Depuis quelques années, les hivers américains se révélent plus chauds et plus courts que par le passé, amenant moins de neige mais aussi moins de skieurs. Les responsables de la station de Snowbowl ont estimé que la seule réponse possible aux impacts négatifs - touristiquement et économiquement parlant - de ce changement climatique était de recourir à une ressource largement disponible sur place, à savoir les eaux usées.
Précision importante : ces eaux usées sont recyclées après avoir transité par plusieurs types de traitement. Leur qualité est jugée suffisante pour qu’elles puissent être réaffectées à d’autres usages qui ne nécessitent pas qu’elles soient potables. Selon le Service national des forêts, propriétaire des terrains où sont aménagées les pistes de ski, l’eau traitée est conforme aux normes les plus élevées, juste en dessous du niveau de qualité de l’eau potable. D’ailleurs elle est déjà abondamment et depuis longtemps utilisée pour l’arrosage des terrains de sport, des parcours de golf et des parcs municipaux.
Dans deux articles publiés dans les pages et sur un blog du New York Times, Leslie MacMillan rappelle que cette décision n’a pas été prise sans polémique, puisque c’est au terme d’une saga judiciaire d’une dizaine d’années qu’une cour d’appel fédérale a finalement donné son feu vert à la station de Snowbowl. Une coalition d’organisations écologistes et de représentants de plusieurs tribus indiennes estime en effet que l’introduction de cette pratique constitue un véritable désastre à la fois environnemental et culturel.
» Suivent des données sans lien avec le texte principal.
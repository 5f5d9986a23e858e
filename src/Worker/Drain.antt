-- ===== src/Worker/Drain.antt =====
-- A worker of src/v2/worker.py that runs alone.
use dpi_engine_python.Prelude.{
  ℕ, zero, suc, ◌+◌, ◌*◌, ◌≤◌, ◌<◌, ◌≡◌, ◌≢◌, refl, ◌∙◌, inl, inr, Bool, true, false, List, [], ◌∷◌,
  arith, length, Bool-cases, Option-cases,
}
use dpi_engine_python.Prelude.Eq.{◌==◌, nat_eq}
use dpi_engine_python.Prelude.Result.{Result, ok, err}
use dpi_engine_python.Queue.{pop, pop_first, task_done, done_with}
use dpi_engine_python.Worker.{
  Pc, created, testing, popping, handling, finishing, exited, DpiWorker, handled, popped, finished,
  work_at, work,
}
use dpi_engine_python.Worker.Log.{log_of, blank, handle_all}
use dpi_engine_python.Worker.Progress.{IsFed, work-IsFed, IsFed-joined}

-- The thread is in its loop.
abbrev is_running : {I : Type 0} → Pc I → Bool
is_running created = false
is_running exited = false
is_running _ = true

-- The actions until the next test of an empty queue, besides four for each item in the queue.
abbrev actions_left : {I : Type 0} → Pc I → ℕ
actions_left popping = 2
actions_left testing = 3
actions_left finishing = 4
actions_left (handling item) = 5
actions_left _ = 0

module _ {I R S : Type 0} (processor : S → I → Result R × S) where
  -- Started, in the loop and not asked to stop.
  pub record IsRunning (w : DpiWorker I R S) : Type 0 where
    pub unstopped : w.stop_event ≡ false
    pub looping : is_running w.pc ≡ true

  abbrev pub actions : DpiWorker I R S → ℕ
  actions w = 4 * length w.queue.items + actions_left w.pc

  -- `count` actions of the worker, one after the other.
  abbrev pub work_on : ℕ → DpiWorker I R S → DpiWorker I R S
  work_on zero w = w
  work_on (suc count) w = work_on count (work processor w)

  record Advances (w next : DpiWorker I R S) : Type 0 where
    runs : IsRunning next
    fewer : suc (actions next) ≤ actions w

  handled-Advances :
      (item : I) (r : Result R) (state : S) (w : DpiWorker I R S)
      → w.pc ≡ handling item
      → w.stop_event ≡ false
      → Advances w (handled processor r state w)
  unfolding handled
  handled-Advances item (ok result) state w at h = record {
    runs = record { unstopped = h; looping = refl };
    fewer = rw at (omega arith);
  }
  handled-Advances item (err error) state w at h = record {
    runs = record { unstopped = h; looping = refl };
    fewer = rw at (omega arith);
  }

  popped-Advances :
      (w : DpiWorker I R S) (items : List I)
      → w.queue.items ≡ items
      → w.pc ≡ popping
      → w.stop_event ≡ false
      → length items ≢ 0
      → Advances w (popped processor (pop w.queue) w)
  unfolding popped
  popped-Advances w [] e at h owed = absurd (owed refl)
  popped-Advances w (item ∷ rest) e at h owed =
      rw (pop_first w.queue e) (record {
        runs = record { unstopped = h; looping = refl };
        fewer = rw (at, e) (omega arith);
      })

  finished-Advances :
      (w : DpiWorker I R S) (unfinished : ℕ)
      → w.queue.unfinished ≡ unfinished
      → w.pc ≡ finishing
      → w.stop_event ≡ false
      → unfinished ≢ 0
      → Advances w (finished processor (task_done w.queue) w)
  unfolding finished task_done done_with
  finished-Advances w zero e at h owed = absurd (owed refl)
  finished-Advances w (suc n) e at h owed =
      rw e (record { runs = record { unstopped = h; looping = refl }; fewer = rw at (omega arith) })

  work_at-Advances :
      (s : S) (received : List I) (w : DpiWorker I R S) (pc : Pc I)
      → w.pc ≡ pc
      → IsRunning w
      → IsFed processor s received w
      → w.queue.unfinished ≢ 0
      → Advances w (work_at processor pc w)
  unfolding work_at
  work_at-Advances s received w created at r f owed =
      absurd (let never : false ≡ true = rw at at r.looping in cc)
  work_at-Advances s received w exited at r f owed =
      absurd (let never : false ≡ true = rw at at r.looping in cc)
  work_at-Advances s received w testing at r f owed =
      rw r.unstopped
        (record { runs = record { unstopped = refl; looping = refl }; fewer = rw at (omega arith) })
  work_at-Advances s received w popping at r f owed =
      let full : w.queue.unfinished ≡ length w.queue.items = f.unfinished ∙ rw at (omega arith) in
      popped-Advances w w.queue.items refl at r.unstopped (λ e. owed (full ∙ e))
  work_at-Advances s received w (handling item) at r f owed =
      handled-Advances item (processor w.state item).0 (processor w.state item).1 w at r.unstopped
  work_at-Advances s received w finishing at r f owed =
      finished-Advances w w.queue.unfinished refl at r.unstopped owed

  running_actions : (w : DpiWorker I R S) → IsRunning w → 0 < actions w
  running_actions w r = let h = r.looping in ground arith

  drains_within :
      (fuel : ℕ) (s : S) (received : List I) (w : DpiWorker I R S)
      → actions w ≤ fuel
      → IsRunning w
      → IsFed processor s received w
      → (count : ℕ) × (count ≤ fuel)
        × ((work_on count w).queue.unfinished ≡ 0)
        × IsFed processor s received (work_on count w)
  unfolding work
  drains_within zero s received w bound r f =
      absurd (let some_left = running_actions w r in omega arith)
  drains_within (suc fuel) s received w bound r f = elim (Bool-cases (w.queue.unfinished == 0)) [
    | inl joined ↦ (0, omega arith, ground arith, f)
    | inr owed ↦
        let a = work_at-Advances s received w w.pc refl r f (λ e. ground arith) in
        let next = work processor w in
        let fed = work-IsFed processor s received w f in
        let (count, within, joined, done) =
          drains_within fuel s received next (omega (arith, a.fewer)) a.runs fed in
        (suc count, omega (arith, within), joined, done)
  ]

  -- A worker that is in its loop and not asked to stop gets its queue done, alone, within four actions
  -- for each item in the queue and five more; it has then handled, in order, all that it received.
  pub work_on_drains :
      (s : S) (received : List I) (w : DpiWorker I R S)
      → IsRunning w
      → IsFed processor s received w
      → (count : ℕ) × (count ≤ 4 * length w.queue.items + 5)
        × ((work_on count w).queue.unfinished ≡ 0)
        × (log_of (work_on count w) ≡ handle_all processor (blank s) received)
  work_on_drains s received w r f =
      let (count, within, joined, fed) = drains_within (actions w) s received w (omega arith) r f in
      (
        count,
        omega (arith, within, few_left w.pc),
        joined,
        IsFed-joined processor s received (work_on count w) fed joined,
      )
    where
      few_left : (pc : Pc I) → actions_left pc ≤ 5
      few_left pc = ground arith

  work_at-IsRunning :
      (s : S) (received : List I) (w : DpiWorker I R S) (pc : Pc I)
      → w.pc ≡ pc
      → IsRunning w
      → IsFed processor s received w
      → IsRunning (work_at processor pc w)
  unfolding work_at
  work_at-IsRunning s received w created at r f = r
  work_at-IsRunning s received w exited at r f = r
  work_at-IsRunning s received w testing at r f =
      rw r.unstopped (record { unstopped = refl; looping = refl })
  work_at-IsRunning s received w popping at r f =
      unfold popped in
      elim (Option-cases (pop w.queue)) [
        | inl nothing ↦ rw nothing (record { unstopped = r.unstopped; looping = refl })
        | inr ((item, queue), e) ↦ rw e (record { unstopped = r.unstopped; looping = refl })
      ]
  work_at-IsRunning s received w (handling item) at r f =
      (handled-Advances item (processor w.state item).0 (processor w.state item).1 w at
        r.unstopped).runs
  work_at-IsRunning s received w finishing at r f =
      let owed : w.queue.unfinished ≡ length w.queue.items + 1 = f.unfinished ∙ rw at refl in
      (finished-Advances w w.queue.unfinished refl at r.unstopped (λ e. omega arith)).runs

  -- A worker in its loop stays there until it is asked to stop.
  pub work-IsRunning :
      (s : S) (received : List I) (w : DpiWorker I R S)
      → IsRunning w
      → IsFed processor s received w
      → IsRunning (work processor w)
  unfolding work
  work-IsRunning s received w r f = work_at-IsRunning s received w w.pc refl r f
Parce que, d’une part, elle représente une menace environnementale pour une zone montagneuse fragile, pour la qualité des aquifères et pour la santé humaine, et que, d’autre part, elle est considérée par les communautés autochtones comme la profanation d’un espace quasi sacré. Des arguments finalement balayés par la justice.
N’empêche. Des scientifiques, à la demande des autorités locales, se sont penchés sur la question. Les eaux recyclées ne sont pas exemptes de traces infiniment petites (de l’ordre du nanogramme) de médicaments, produits chimiques et autres contaminants que l’on trouve d’ailleurs aussi dans les cours d’eau. Mais, dans ce domaine, les interrogations demeurent encore et toujours plus nombreuses que les réponses, en raison notamment de la complexité des interactions entre les différentes substances en cause : qu’en sera-t-il par exemple des impacts du gel et du dégel sur ces composés chimiques ou du développement de bactéries dans les tuyaux amenant les eaux recyclées aux canons à neige ?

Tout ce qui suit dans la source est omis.